FILE PHOTO: Friends and family members mourn near the coffin of Co-Pilot Clive Kunder, who died after an AIR India Boeing 787-8 Dreamliner plane crashed during take-off from an airport in Ahmedabad, in Mumbai, India June 19, 2025. REUTERS/Hemanshi Kamani/File Photo
The funeral of junior office Clive Kunder, who is said to have asked his captain why he "cut off" the fuel supply. Hemanshi Kamani/REUTERS

The Wall Street Journal reported that the younger pilot “panicked” while Sabharwal remained calm, citing people familiar with U.S. officials’ assessment of the incident.

Moving the spring-loaded fuel toggle requires the pilots to pass over small metal guards, pull the mushroom-shaped lever upwards, before yanking it into an on or off position and setting it.

The AAIB probe revealed that the “cut off” was corrected 10 seconds after being done. However, it was too late to avoid the disaster that followed.

Officials are now following two lines of enquiry as to how the toggle reached the “cut off” position: human error, or a system error with the Boeing jet.

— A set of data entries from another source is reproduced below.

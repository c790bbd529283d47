-- ===== src/Packet/Length.antt =====
-- encode_remaining_length and decode_remaining_length of src/mqtt/mqtt_packet.cpp.
use Prim.Native.Nat.{bit_and, bit_or}
use lightapr.Prelude.{
  ℕ, suc, ◌+◌, ◌*◌, ◌/◌, ◌%◌, ◌≤◌, ◌<◌, ◌≡◌, [], ◌∷◌, ◌++◌, length, arith, ltb, ltb→lt, Bool-cases,
  inl, inr, if◌then◌else◌,
}
use mathlib.Core.Path.{ap₂, ap}
use native.Mathlib.Nat.{div-add-mod}
use native.Mathlib.Decide.{dec_lt}
use lightapr.Prelude.Text.{Text}
use lightapr.Prelude.Bits.{low_seven, top_bit, set_top_bit}
use lightapr.Packet.{
  encode_length_loop, encode_remaining_length, decode_length_loop, decode_remaining_length,
}
use lightapr.Packet.Reading.{ok, failed}

-- One round of the decoder on a last byte, and on one with the continuation bit over `d`.
last_round :
    (d m v r : ℕ) (rest : Text)
    → d < 128
    → m ≤ 16384
    → decode_length_loop (d ∷ rest) m v r ≡ ok (v + d * m, r + 1)
unfolding decode_length_loop
last_round d m v r rest h hm = ground (arith, low_seven d, top_bit d)

low_of_more : (d : ℕ) → d < 128 → bit_and (d + 128) 127 ≡ d
low_of_more d h = omega (arith, low_seven (d + 128) (omega arith))

top_of_more : (d : ℕ) → d < 128 → bit_and (d + 128) 128 ≡ 128
top_of_more d h = omega (arith, top_bit (d + 128) (omega arith))

more_round :
    (d m v r : ℕ) (rest : Text)
    → d < 128
    → m ≤ 16384
    → decode_length_loop (bit_or d 128 ∷ rest) m v r
      ≡ decode_length_loop rest (m * 128) (v + d * m) (r + 1)
unfolding decode_length_loop
more_round d m v r rest h hm = rw (set_top_bit d h, low_of_more d h, top_of_more d h) (ground arith)

-- The encoder's first byte, by the size of what is left.
encode_small : (f n : ℕ) → n < 128 → encode_length_loop (suc f) n ≡ n ∷ []
unfolding encode_length_loop
encode_small f n h = ground arith

encode_large :
    (f n : ℕ)
    → 128 ≤ n
    → encode_length_loop (suc f) n ≡ bit_or (n % 128) 128 ∷ encode_length_loop f (n / 128)
unfolding encode_length_loop
encode_large f n h = ground arith

split_groups : (n m : ℕ) → n * m ≡ n % 128 * m + n / 128 * (m * 128)
split_groups n m = omega (arith, ap (λ (t : ℕ). t * m) (div-add-mod n 128))

-- `k` more bytes may follow: two, one or none.
abbrev Decodes : ℕ → ℕ → ℕ → ℕ → ℕ → Text → Type 0
Decodes f n m v r rest =
    decode_length_loop (encode_length_loop f n ++ rest) m v r
    ≡ ok (v + n * m, r + length (encode_length_loop f n))

decode_small : (f n m v r : ℕ) (rest : Text) → n < 128 → m ≤ 16384 → Decodes (suc f) n m v r rest
decode_small f n m v r rest h hm = rw (encode_small f n h) (last_round n m v r rest h hm)

decode_large :
    (f n m v r : ℕ) (rest : Text)
    → 128 ≤ n
    → m ≤ 16384
    → Decodes f (n / 128) (m * 128) (v + n % 128 * m) (r + 1) rest
    → Decodes (suc f) n m v r rest
decode_large f n m v r rest h hm ih =
    rw (encode_large f n h, more_round (n % 128) m v r _ (omega arith) hm, ih)
      (ap₂ (λ (a b : ℕ). ok (a, b)) (omega (arith, split_groups n m)) (omega arith))

-- A remaining length below 2 ^ 21 is read back from what was written, with the bytes that it took.
pub decode-encode :
    (n : ℕ) (rest : Text)
    → n < 2097152
    → decode_remaining_length (encode_remaining_length n ++ rest)
      ≡ ok (n, length (encode_remaining_length n))
unfolding encode_remaining_length decode_remaining_length
decode-encode n rest h = rw whole (ap₂ (λ (a b : ℕ). ok (a, b)) (omega arith) (omega arith))
  where
    third :
        16384 ≤ n
        → Decodes 8
            (n / 128 / 128)
            (1 * 128 * 128)
            (0 + n % 128 * 1 + n / 128 % 128 * (1 * 128))
            (0 + 1 + 1)
            rest
    third b = decode_small 7 _ _ _ _ rest (omega arith) (omega arith)

    second : 128 ≤ n → Decodes 9 (n / 128) (1 * 128) (0 + n % 128 * 1) (0 + 1) rest
    second a = elim (dec_lt n 16384) [
      | yes p ↦ decode_small 8 _ _ _ _ rest (omega arith) (omega arith)
      | no p ↦ decode_large 8 (n / 128) _ _ _ rest (omega arith) (omega arith) (third (omega arith))
    ]

    whole : Decodes 10 n 1 0 0 rest
    whole = elim (dec_lt n 128) [
      | yes p ↦ decode_small 9 n 1 0 0 rest p (omega arith)
      | no p ↦ decode_large 9 n 1 0 0 rest (omega arith) (omega arith) (second (omega arith))
    ]

fourth_round : (d v r : ℕ) (rest : Text) → decode_length_loop (d ∷ rest) 2097152 v r ≡ failed
unfolding decode_length_loop
fourth_round d v r rest = ground arith

fourth_byte :
    (f n v r : ℕ) (rest : Text)
    → decode_length_loop (encode_length_loop (suc f) n ++ rest) 2097152 v r ≡ failed
fourth_byte f n v r rest = elim (dec_lt n 128) [
  | yes p ↦ rw (encode_small f n p) (fourth_round n v r rest)
  | no p ↦ rw (encode_large f n (omega arith)) (fourth_round _ v r _)
]

-- The limit of the decoder: a remaining length of 2 ^ 21 or more takes a fourth byte, and the
-- decoder refuses it, although the encoder writes it.
decode-encode_four_bytes :
    (n : ℕ) (rest : Text)
    → 2097152 ≤ n
    → decode_remaining_length (encode_remaining_length n ++ rest) ≡ failed
unfolding encode_remaining_length decode_remaining_length
decode-encode_four_bytes n rest h =
    rw
      (
        encode_large 9 n (omega arith),
        more_round (n % 128) 1 0 0 _ (omega arith) (omega arith),
        encode_large 8 (n / 128) (omega arith),
        more_round (n / 128 % 128) (1 * 128) (0 + n % 128 * 1) (0 + 1) _ (omega arith)
            (omega arith),
        encode_large 7 (n / 128 / 128) (omega arith),
        more_round (n / 128 / 128 % 128) (1 * 128 * 128)
            (0 + n % 128 * 1 + n / 128 % 128 * (1 * 128)) (0 + 1 + 1) _ (omega arith) (omega arith),
      )
      (fourth_byte 6 (n / 128 / 128 / 128) _ _ rest)

-- The encoder writes 1 to 10 bytes.
pub length-encode_pos : (n : ℕ) → 0 < length (encode_remaining_length n)
unfolding encode_remaining_length
length-encode_pos n = elim (dec_lt n 128) [
  | yes p ↦ rw (encode_small 9 n p) (omega arith)
  | no p ↦ rw (encode_large 9 n (omega arith)) (omega arith)
]

-- Every length that the encoder writes comes back from the decoder with the bytes that it took if it
-- is below 2 ^ 21, whatever follows; one of 2 ^ 21 or more, which takes a fourth byte, is refused.
pub decode-encode_limit :
    (n : ℕ) (rest : Text)
    → decode_remaining_length (encode_remaining_length n ++ rest)
      ≡ (if ltb n 2097152 then ok (n, length (encode_remaining_length n)) else failed)
decode-encode_limit n rest = elim (Bool-cases (ltb n 2097152)) [
  | inl e ↦ rw e (decode-encode n rest (ltb→lt n 2097152 e))
  | inr e ↦ rw e (decode-encode_four_bytes n rest (ground (arith, e)))
]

It comes after India’s civil aviation authority ordered an inspection of Boeing 737s and 787s in the country to ascertain whether the fuel switches were faulty.

Michael Daniel, a retired Federal Aviation Administration inspector and accident investigator, told Bloomberg that microphones in the flight deck could ultimately reveal the truth.

MUMBAI, INDIA - JUNE 17: Relatives and neighbors gather outside the Powai residence as the mortal remains of captain Sumeet Sabharwal, who died in the ill-fated Air India flight, arrives home on June 17, 2025 in Mumbai, India. (Photo by Satish Bate/Hindustan Times via Getty Images)
The remains of Captain Sumeet Sabharwal arrive home on June 17 in Mumbai, India. Hindustan Times/Hindustan Times via Getty Images

“There are multiple microphones around the cockpit, including their headsets,” said Daniel.

Investigators might be able to discern the sound of the switches, which sit between the pilots, and determine the direction from which it came.

Only one of the 242 people aboard the plane—Vishwash Kumar Ramesh, a 40-year-old British national—survived the crash by escaping through an opening in the fuselage.